Crimes and Splendors: The Desert Cantos of Richard Misrach (Boston: Bulfinch Press, 1996) is a disarming series of photographs documenting life and death in America's desolate salt flats and deserts. Misrach's subject matter varies wildly--from military test-bombing, to fire, to floods, to Playboy magazines used for target practice--but the intriguing collection lends political weight to even the most mundane of landscapes.

The concept of "noise" as music isn't new, but it's changed since the Cabaret Voltaire in 1919. Its newest incarnation, Offbeat: A Red Hot Sound Trip (Wax Trax!/TVT, 1996) drifts between ambient melodies and haunting sound collages.
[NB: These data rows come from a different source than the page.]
-- ===== src/Acknowledgements/Seen.antt =====
-- SiameseEncoder.cpp: what the encoder sees of the message that it reads.
use tonk.Common.{
  ℕ, suc, ◌+◌, ◌≤◌, ◌<◌, ◌≡◌, refl, ap, ◌∙◌, Bool, false, List, [], ◌∷◌, ◌++◌, Option, some, none,
  length, length-append, drop-append, arith, All, if◌then◌else◌, ◌==◌, ◌≢◌,
}
use tonk.Serializers
use tonk.Serializers.PacketNum.{packet_num_max, packet_num_roundtrip}
use tonk.Originals.{SiameseResult, success, disabled, need_more_data}
use tonk.Columns.{add_columns, subtract_columns, is_column_delta_negative}
use tonk.Encoder.Losses.{restart_loss_iterator, all_losses, decode_next_range}
use tonk.Encoder.Losses.Ranges.{
  LossRange, Fits, range_field, range_bytes, range_elements, columns_from, field-nonempty, decoded,
  decode_next_range-range,
}
use tonk.Encoder.Losses.Iteration.{restart_loss_iterator-all_losses}
use tonk.Encoder.Reading.{
  Acknowledgement, Reading, read_acknowledgement, rejected, ignored, taken, read_ranges,
  first_range, reset_losses, read_body, read_header,
}

-- What `Retransmit` sees of a message that was taken: the next column that the receiver expects, and
-- the columns that the iterator gives after a restart, in `fuel` turns at most.
unfoldable pub seen : ℕ → Reading → Option (ℕ × List ℕ)
seen fuel (rejected ack) = none
seen fuel (ignored ack) = none
seen fuel (taken ack) = some (
  ack.next_column_expected,
  all_losses fuel (restart_loss_iterator ack.next_column_expected ack.losses),
)

read_ranges-some :
    (ack : Acknowledgement) (bytes : List ℕ)
    → 0 < length bytes
    → read_ranges ack bytes ≡ first_range ack (decode_next_range ack.losses)
read_ranges-some ack [] h = absurd (omega arith)
read_ranges-some ack (byte ∷ bytes) h = refl

pub with_ranges :
    (off empty whole : Bool) (header ranges : List ℕ)
    → off ≡ false
    → empty ≡ false
    → whole ≡ false
    → ◌≡◌ {A = SiameseResult × List ℕ}
        (if off
          then (disabled, [])
          else if empty
          then (need_more_data, [])
          else if whole
          then (success, header)
          else (success, header ++ ranges))
        (success, header ++ ranges)
with_ranges off empty whole header ranges e f g = rw (e, f, g) refl

-- A message that is not older than the one before, and is about another next column, is taken.
read_body-newer :
    (ack : Acknowledgement) (column : ℕ) (bytes : List ℕ)
    → is_column_delta_negative (subtract_columns column ack.next_column_expected) ≡ false
    → ack.next_column_expected ≢ column
    → read_body ack column bytes ≡ read_ranges (reset_losses ack column bytes) bytes
unfolding read_body
read_body-newer ack column bytes newer moved =
    rw (newer, differ ack.next_column_expected column moved) refl
  where
    differ : (a b : ℕ) → a ≢ b → (a == b) ≡ false
    differ a b h = ground arith

pub read_acknowledgement-newer :
    (ack : Acknowledgement) (column : ℕ) (bytes : List ℕ)
    → column ≤ packet_num_max
    → is_column_delta_negative (subtract_columns column ack.next_column_expected) ≡ false
    → ack.next_column_expected ≢ column
    → read_acknowledgement ack (Serializers.PacketNum.serialize_header column ++ bytes)
      ≡ read_ranges (reset_losses ack column bytes) bytes
unfolding read_acknowledgement
read_acknowledgement-newer ack column bytes h newer moved =
    let header = Serializers.PacketNum.serialize_header column in
    ap (read_header ack (header ++ bytes)) (packet_num_roundtrip column [] bytes h).0
    ∙ (ap (read_body ack column) (drop-append header bytes)
        ∙ read_body-newer ack column bytes newer moved)

seen-taken :
    (fuel : ℕ) (ack : Acknowledgement)
    → seen fuel (taken ack)
      ≡ some (
        ack.next_column_expected,
        all_losses fuel (restart_loss_iterator ack.next_column_expected ack.losses),
      )
unfolding seen
seen-taken fuel ack = refl

-- The ranges of a message are seen as the columns of their elements.
pub seen-read_ranges :
    (more start expected : ℕ) (ack : Acknowledgement) (ranges : List LossRange)
    → All Fits ranges
    → let fuel = length (range_elements expected ranges) + suc more in
      let reset = reset_losses ack (add_columns expected start) (range_bytes ranges) in
      seen fuel (read_ranges reset (range_bytes ranges))
      ≡ some (add_columns expected start, columns_from start (range_elements expected ranges))
unfolding reset_losses
seen-read_ranges more start expected ack [] fits =
    let reset = reset_losses ack (add_columns expected start) [] in
    seen-taken (0 + suc more) reset
    ∙ ap (λ columns. some (add_columns expected start, columns))
        (restart_loss_iterator-all_losses more start expected reset.losses [] tt refl)
seen-read_ranges more start expected ack (range ∷ ranges) (fit, fits) =
    let bytes = range_bytes (range ∷ ranges) in
    let fuel = length (range_elements expected (range ∷ ranges)) + suc more in
    let reset = reset_losses ack (add_columns expected start) bytes in
    let after = record reset { losses = decoded reset.losses range } in
    ap (seen fuel) (
      read_ranges-some reset bytes (
        omega (arith, length-append (range_field range) (range_bytes ranges), field-nonempty range))
      ∙ ap (first_range reset)
          (decode_next_range-range reset.losses range (range_bytes ranges) fit (omega arith, refl)))
    ∙ (seen-taken fuel after
        ∙ ap (λ columns. some (add_columns expected start, columns))
            (restart_loss_iterator-all_losses more start expected after.losses (range ∷ ranges)
              (fit, fits) refl))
Released by the Red Hot Organization to benefit AIDS research, the album features familiar rock stars, including David Byrne, as well as newer luminaries such as My Bloody Valentine, Tortoise, and Laika.

James B. Twitchell's Adcult USA: The Triumph of Advertising in American Culture (New York: Columbia University Press, 1996) hits us with some simple concepts: As much as we hate to admit it, we love being advertised to; and, as much as we would like to resist Madison Avenue, it has already shaped much of American culture. Going beyond a study of subliminal codes, Adcult looks objectively at the work that goes into ads, as well as the work they perform on society.

Race relations in America, Jennifer L. Hochschild says, are at least partly determined by the collision of the American expectation of success with the reality of class structures. In Facing Up to the American Dream: Race, Class and the Soul of the Nation (Princeton, N.J.: Princeton University Press, 1995), Hochschild uses numerous surveys to analyze race and class differences qualitatively, yet she wisely gives credence to intangible distinctions.